╭─ Records supplied
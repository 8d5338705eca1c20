-- ===== src/Utf.antt =====
-- The conversions between UTF-16 (low byte first) and UTF-8 that src/util.c has for systems without
-- iconv. A UTF-8 string is a list of bytes, of which the code takes those before the first NUL. An "or" of numbers without a common bit is written
-- as their sum, and a shift and mask as a quotient and remainder. What stands in a destination after a
-- refusal is left out.
pub mod RoundTrip
pub mod Pairs
mod Tests
use fireflymediaserver.Prelude.{
  ℕ, zero, suc, ◌+◌, ◌-◌, ◌*◌, ◌/◌, ◌%◌, ◌^◌, Bool, true, false, [], ◌∷◌, ◌++◌, Option, none, some,
  ◌==◌, ltb, leb, if◌then◌else◌, length, Bytes,
}
use fireflymediaserver.SmartParser.State.{Outcome, done, overrun, ◌>>=◌}

-- "src[1] << 8 | src[0]".
abbrev pub unit : ℕ → ℕ → ℕ
unit low high = high * 256 + low

-- "(w & 0xFC00) == 0xD800" and "(w & 0xFC00) == 0xDC00".
abbrev pub is_high : ℕ → Bool
is_high w = w / 1024 == 54

abbrev pub is_low : ℕ → Bool
is_low w = w / 1024 == 55

abbrev pub plus : ℕ → Option ℕ → Option ℕ
plus n none = none
plus n (some m) = some (n + m)

-- The bytes counted for a unit that is no first half of a pair.
abbrev pub unit_len : ℕ → ℕ
unit_len w = if leb w 0x7F then 1 else if leb w 0x7FF then 2 else 3

-- The result is `none` for -1.
unfoldable pub util_utf16toutf8_len : Bytes → Option ℕ
util_utf16toutf8_len (a ∷ b ∷ c ∷ d ∷ s) =
    let pair = util_utf16toutf8_len s in
    let single = util_utf16toutf8_len (c ∷ d ∷ s) in
    if is_high (unit a b) then plus 4 pair else plus (unit_len (unit a b)) single
util_utf16toutf8_len (a ∷ b ∷ s) = if is_high (unit a b) then none else some (unit_len (unit a b))
util_utf16toutf8_len s = some 0

-- "now encode the original code point in utf-8".
unfoldable pub encode_utf8 : ℕ → Bytes
encode_utf8 w =
    if ltb w 0x80
    then w ∷ []
    else if ltb w 0x800
    then (0xC0 + w / 64) ∷ (0x80 + w % 64) ∷ []
    else if ltb w 0x10000
    then (0xE0 + w / 4096) ∷ (0x80 + w / 64 % 64) ∷ (0x80 + w % 64) ∷ []
    else (0xF0 + w / 2 ^ 18) ∷ (0x80 + w / 4096 % 64) ∷ (0x80 + w / 64 % 64) ∷ (0x80 + w % 64) ∷ []

-- The code point of two halves.
abbrev pub join : ℕ → ℕ → ℕ
join w1 w2 = w1 % 1024 * 1024 + w2 % 1024 + 0x10000

abbrev pub behind : Bytes → Outcome (Option Bytes) → Outcome (Option Bytes)
behind b rest = do r ← rest; elim r [ none ↦ done none | some bs ↦ done (some (b ++ bs)) ]

-- The loop of `util_utf16toutf8`, with the bytes that it writes, or `none` where it refuses. The second
-- half of a pair is read at `src[2]` and `src[3]` when `src` points behind the first half already.
unfoldable pub to_utf8 : Bytes → Outcome (Option Bytes)
unfolding encode_utf8
to_utf8 (a ∷ b ∷ c ∷ d ∷ e ∷ f ∷ s) =
    let rest = to_utf8 (c ∷ d ∷ e ∷ f ∷ s) in
    if is_high (unit a b)
    then if is_low (unit e f)
      then behind (encode_utf8 (join (unit a b) (unit e f))) rest
      else done none
    else behind (encode_utf8 (unit a b)) rest
to_utf8 (a ∷ b ∷ c ∷ d ∷ s) =
    let rest = to_utf8 (c ∷ d ∷ s) in
    if is_high (unit a b) then overrun else behind (encode_utf8 (unit a b)) rest
to_utf8 (a ∷ b ∷ s) = if is_high (unit a b) then done none else done (some (encode_utf8 (unit a b)))
to_utf8 s = done (some [])

unfoldable pub util_utf16toutf8 : ℕ → Bytes → Outcome (Option Bytes)
unfolding util_utf16toutf8_len to_utf8
util_utf16toutf8 dlen [] = done none
util_utf16toutf8 dlen (a ∷ s) = elim (util_utf16toutf8_len (a ∷ s)) [
  | none ↦ done none
  | some new_len ↦ if leb dlen new_len then done none else to_utf8 (a ∷ s)
]

unfoldable pub util_utf16touft8_alloc : Bytes → Outcome (Option Bytes)
unfolding util_utf16toutf8_len util_utf16toutf8
util_utf16touft8_alloc s = elim (util_utf16toutf8_len s) [
  | none ↦ done none
  | some new_len ↦ util_utf16toutf8 (new_len + 1) s
]

unfoldable pub trailing_bytes : ℕ → ℕ
trailing_bytes c =
    if c / 32 == 6 then 1 else if c / 16 == 14 then 2 else if c / 8 == 30 then 3 else 0

-- The walk over characters, where `skip` bytes belong to the one before.
unfoldable pub utf16_len : ℕ → Bytes → Option ℕ
unfolding trailing_bytes
utf16_len skip [] = some 1
utf16_len (suc skip) (c ∷ s) = utf16_len skip s
utf16_len zero (c ∷ s) =
    let rest = utf16_len (trailing_bytes c) s in
    if ltb (length s + 1) (trailing_bytes c)
    then none
    else plus (if trailing_bytes c == 3 then 4 else 2) rest

-- The bytes that "strlen" counts.
unfoldable pub c_string : Bytes → Bytes
c_string [] = []
c_string (c ∷ s) = (let rest = c_string s in if c == 0 then [] else c ∷ rest)

unfoldable pub util_utf8toutf16_len : Bytes → Option ℕ
unfolding utf16_len
util_utf8toutf16_len utf8 = utf16_len 0 (c_string utf8)

-- `src[i]`, which may be the NUL.
abbrev pub nth : Bytes → ℕ → ℕ
nth [] i = 0
nth (c ∷ s) zero = c
nth (c ∷ s) (suc i) = nth s i

-- The code point at a character, whose first byte is `c`.
unfoldable pub decode_utf8 : ℕ → Bytes → ℕ
unfolding trailing_bytes
decode_utf8 c s =
    if trailing_bytes c == 0
    then c
    else if trailing_bytes c == 1
    then c % 32 * 64 + nth s 0 % 64
    else if trailing_bytes c == 2
    then c % 16 * 4096 + nth s 0 % 64 * 64 + nth s 1 % 64
    else c % 8 * 2 ^ 18 + nth s 0 % 64 * 4096 + nth s 1 % 64 * 64 + nth s 2 % 64

abbrev pub two_bytes : ℕ → Bytes
two_bytes w = w % 256 ∷ w / 256 % 256 ∷ []

unfoldable pub encode_utf16 : ℕ → Bytes
encode_utf16 w =
    if leb w 0xFFFF
    then two_bytes w
    else two_bytes (0xD800 + w / 1024 % 1024) ++ two_bytes (0xDC00 + w % 1024)

abbrev pub before : Bytes → Option Bytes → Option Bytes
before b none = none
before b (some bs) = some (b ++ bs)

unfoldable pub to_utf16 : ℕ → Bytes → Option Bytes
unfolding trailing_bytes decode_utf8 encode_utf16
to_utf16 skip [] = some []
to_utf16 (suc skip) (c ∷ s) = to_utf16 skip s
to_utf16 zero (c ∷ s) =
    let rest = to_utf16 (trailing_bytes c) s in
    if ltb (length s + 1) (trailing_bytes c)
    then none
    else before (encode_utf16 (decode_utf8 c s)) rest

unfoldable pub util_utf8toutf16 : ℕ → Bytes → Option Bytes
unfolding util_utf8toutf16_len to_utf16
util_utf8toutf16 dlen utf8 =
    if length (c_string utf8) == 0 then none else elim (util_utf8toutf16_len utf8) [
      | none ↦ none
      | some new_len ↦ if leb dlen (new_len + 1) then none else to_utf16 0 (c_string utf8)
    ]

unfoldable pub util_utf8toutf16_alloc : Bytes → Option Bytes
unfolding util_utf8toutf16_len util_utf8toutf16
util_utf8toutf16_alloc utf8 = elim (util_utf8toutf16_len utf8) [
  | none ↦ none
  | some new_len ↦ util_utf8toutf16 (new_len + 2) utf8
]
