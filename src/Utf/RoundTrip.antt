-- ===== src/Utf/RoundTrip.antt =====
-- Texts of 16-bit characters through both conversions of src/util.c.
use fireflymediaserver.Prelude.{
  ℕ, ◌+◌, ◌/◌, ◌%◌, ◌<◌, ◌≡◌, ◌∙◌, refl, sym, ap, false, List, [], ◌∷◌, ◌++◌, some, ◌≤◌, length,
  length-append, Bytes, arith, append-nil,
}
use fireflymediaserver.SmartParser.State.{done}
use fireflymediaserver.Utf.{
  unit, is_high, plus, unit_len, util_utf16toutf8_len, encode_utf8, behind, to_utf8, two_bytes,
}

-- A 16-bit character that is not NUL and no first half of a pair.
abbrev pub IsPlain : ℕ → Type 0
IsPlain w = (0 < w) × ((w < 0x10000) × (is_high w ≡ false))

abbrev pub AllPlain : List ℕ → Type 0
AllPlain [] = Unit
AllPlain (w ∷ ws) = IsPlain w × AllPlain ws

-- The text in UTF-16.
abbrev pub units : List ℕ → Bytes
units [] = []
units (w ∷ ws) = two_bytes w ++ units ws

unfoldable pub texts : List ℕ → Bytes
texts [] = []
texts (w ∷ ws) = encode_utf8 w ++ texts ws

pub unit_back : (w : ℕ) → w < 0x10000 → unit (w % 256) (w / 256 % 256) ≡ w
unit_back w h = omega arith

plain_unit : (w : ℕ) → IsPlain w → is_high (unit (w % 256) (w / 256 % 256)) ≡ false
plain_unit w (nz, (lt, p)) = ap is_high (unit_back w lt) ∙ p

to_utf8-unit :
    (w : ℕ) (ws : List ℕ)
    → IsPlain w
    → to_utf8 (two_bytes w ++ units ws) ≡ behind (encode_utf8 w) (to_utf8 (units ws))
unfolding to_utf8
to_utf8-unit w [] (nz, (lt, p)) =
    rw (plain_unit w (nz, (lt, p)), unit_back w lt)
      (ap (λ b. done (some b)) (sym (append-nil (encode_utf8 w))))
to_utf8-unit w (v ∷ []) (nz, (lt, p)) =
    rw (plain_unit w (nz, (lt, p)))
      (ap (λ x. behind (encode_utf8 x) (to_utf8 (units (v ∷ [])))) (unit_back w lt))
to_utf8-unit w (v ∷ u ∷ ws) (nz, (lt, p)) =
    rw (plain_unit w (nz, (lt, p)))
      (ap (λ x. behind (encode_utf8 x) (to_utf8 (units (v ∷ u ∷ ws)))) (unit_back w lt))

pub to_utf8-units : (ws : List ℕ) → AllPlain ws → to_utf8 (units ws) ≡ done (some (texts ws))
unfolding texts to_utf8
to_utf8-units [] h = refl
to_utf8-units (w ∷ ws) (p, h) =
    to_utf8-unit w ws p ∙ ap (behind (encode_utf8 w)) (to_utf8-units ws h)

pub length-encode_utf8 : (w : ℕ) → w < 0x10000 → length (encode_utf8 w) ≡ unit_len w
unfolding encode_utf8
length-encode_utf8 w h = ground arith

len-unit :
    (w : ℕ) (ws : List ℕ)
    → IsPlain w
    → util_utf16toutf8_len (two_bytes w ++ units ws)
      ≡ plus (unit_len w) (util_utf16toutf8_len (units ws))
unfolding util_utf16toutf8_len
len-unit w [] (nz, (lt, p)) =
    rw (plain_unit w (nz, (lt, p)), unit_back w lt) (ap some (omega arith))
len-unit w (v ∷ ws) (nz, (lt, p)) = rw (plain_unit w (nz, (lt, p)), unit_back w lt) refl

pub len-units :
    (ws : List ℕ) → AllPlain ws → util_utf16toutf8_len (units ws) ≡ some (length (texts ws))
unfolding texts util_utf16toutf8_len
len-units [] h = refl
len-units (w ∷ ws) ((nz, (lt, p)), h) =
    len-unit w ws (nz, (lt, p))
    ∙ (ap (plus (unit_len w)) (len-units ws h)
        ∙ ap some
            (omega (arith, length-append (encode_utf8 w) (texts ws), length-encode_utf8 w lt)))

-- The bytes of one character, of whose first one the count of the others is read.
data Char8 : ℕ → Bytes → Type 0 where
  one : {w : ℕ} → w < 0x80 → Char8 w (w ∷ [])
  two : {w : ℕ} → 0x80 ≤ w → w < 0x800 → Char8 w ((0xC0 + w / 64) ∷ (0x80 + w % 64) ∷ [])
  three :
      {w : ℕ}
      → 0x800 ≤ w
      → w < 0x10000
      → Char8 w ((0xE0 + w / 4096) ∷ (0x80 + w / 64 % 64) ∷ (0x80 + w % 64) ∷ [])
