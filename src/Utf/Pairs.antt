-- ===== src/Utf/Pairs.antt =====
-- Surrogate pairs in the conversion from UTF-16 of src/util.c.
use fireflymediaserver.Prelude.{
  ℕ, ◌%◌, ◌/◌, ◌<◌, ◌≡◌, ◌∙◌, refl, ap, true, false, [], ◌∷◌, ◌++◌, none, some, Option-cases,
  length, length-append, Bytes, arith, inl, inr,
}
use fireflymediaserver.SmartParser.State.{done}
use fireflymediaserver.Utf.{
  unit, is_high, is_low, two_bytes, encode_utf8, join, behind, to_utf8, util_utf16toutf8_len,
  util_utf16toutf8, unit_len,
}
use fireflymediaserver.Utf.RoundTrip.{texts, IsPlain, to_utf8-units, unit_back, length-encode_utf8}

high_unit :
    (w : ℕ) → w < 0x10000 → is_high w ≡ true → is_high (unit (w % 256) (w / 256 % 256)) ≡ true
high_unit w lt h = ap is_high (unit_back w lt) ∙ h

-- A pair of halves that is followed by a unit other than a second half makes `util_utf16toutf8` refuse
-- the text, whatever follows and however long the destination is.
pub util_utf16toutf8-pair :
    (dlen hi lo u : ℕ) (s : Bytes)
    → hi < 0x10000
    → u < 0x10000
    → is_high hi ≡ true
    → is_low u ≡ false
    → util_utf16toutf8 dlen (two_bytes hi ++ (two_bytes lo ++ (two_bytes u ++ s))) ≡ done none
unfolding util_utf16toutf8
util_utf16toutf8-pair dlen hi lo u s lt lu h l =
    let hh : is_high (unit (hi % 256) (hi / 256 % 256)) ≡ true = high_unit hi lt h in
    let ll : is_low (unit (u % 256) (u / 256 % 256)) ≡ false = ap is_low (unit_back u lu) ∙ l in
    let refused : to_utf8 (two_bytes hi ++ (two_bytes lo ++ (two_bytes u ++ s))) ≡ done none =
      rw (to_utf8, hh, ll) refl in
    elim (Option-cases
      (util_utf16toutf8_len (two_bytes hi ++ (two_bytes lo ++ (two_bytes u ++ s))))) [
        | inl n ↦ rw (util_utf16toutf8, n) refl
        | inr (m, n) ↦ rw (util_utf16toutf8, n, refused) (ground arith)
      ]

low-IsPlain : (w : ℕ) → w < 0x10000 → is_low w ≡ true → IsPlain w
low-IsPlain w h l = (ground arith, (h, ground arith))

length-encode_utf8-join : (w1 w2 : ℕ) → length (encode_utf8 (join w1 w2)) ≡ 4
unfolding encode_utf8
length-encode_utf8-join w1 w2 = ground arith

low_text : (w : ℕ) → w < 0x10000 → is_low w ≡ true → length (encode_utf8 w) ≡ 3
low_text w h l = length-encode_utf8 w h ∙ ground arith

-- A pair that is followed by a second half alone, at the end of the text, is counted as 7 bytes, and 10
-- bytes are written.
pub to_utf8-overflow :
    (hi lo lo' : ℕ)
    → hi < 0x10000
    → lo < 0x10000
    → lo' < 0x10000
    → is_high hi ≡ true
    → is_low lo ≡ true
    → is_low lo' ≡ true
    → (b : Bytes) × (util_utf16toutf8_len (two_bytes hi ++ (two_bytes lo ++ two_bytes lo'))
        ≡ some 7)
      × (to_utf8 (two_bytes hi ++ (two_bytes lo ++ two_bytes lo')) ≡ done (some b))
      × (length b ≡ 10)
unfolding texts to_utf8 util_utf16toutf8_len
to_utf8-overflow hi lo lo' h l l' hh hl hl' =
    let hu : is_high (unit (hi % 256) (hi / 256 % 256)) ≡ true = high_unit hi h hh in
    let lu : is_low (unit (lo' % 256) (lo' / 256 % 256)) ≡ true =
      ap is_low (unit_back lo' l') ∙ hl' in
    let w = join (unit (hi % 256) (hi / 256 % 256)) (unit (lo' % 256) (lo' / 256 % 256)) in
    let pl : is_high (unit (lo' % 256) (lo' / 256 % 256)) ≡ false =
      ap is_high (unit_back lo' l') ∙ (low-IsPlain lo' l' hl').1.1 in
    let ul : unit_len (unit (lo' % 256) (lo' / 256 % 256)) ≡ 3 =
      ap unit_len (unit_back lo' l') ∙ ground arith in
    let rest = to_utf8-units (lo ∷ lo' ∷ []) (low-IsPlain lo l hl, (low-IsPlain lo' l' hl', tt)) in
    (
      encode_utf8 w ++ texts (lo ∷ lo' ∷ []),
      rw (hu, pl, ul) refl,
      rw (hu, lu) (ap (behind (encode_utf8 w)) rest),
      omega (
        arith,
        low_text lo l hl,
        low_text lo' l' hl',
        length-encode_utf8-join (unit (hi % 256) (hi / 256 % 256))
            (unit (lo' % 256) (lo' / 256 % 256)),
        length-append (encode_utf8 w) (texts (lo ∷ lo' ∷ [])),
        length-append (encode_utf8 lo) (texts (lo' ∷ [])),
        length-append (encode_utf8 lo') [],
        low_text lo' l' hl',
      ),
    )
╰─
Task
Copy the lines above exactly. Start with the line containing "(w : ℕ) → w < 0x10000 → is_high", end with the line containing "u < 0x10000", and include both.

Task response
    (w : ℕ) → w < 0x10000 → is_high w ≡ true → is_high (unit (w % 256) (w / 256 % 256)) ≡ true
high_unit w lt h = ap is_high (unit_back w lt) ∙ h

-- A pair of halves that is followed by a unit other than a second half makes `util_utf16toutf8` refuse
-- the text, whatever follows and however long the destination is.
pub util_utf16toutf8-pair :
    (dlen hi lo u : ℕ) (s : Bytes)
    → hi < 0x10000
    → u < 0x10000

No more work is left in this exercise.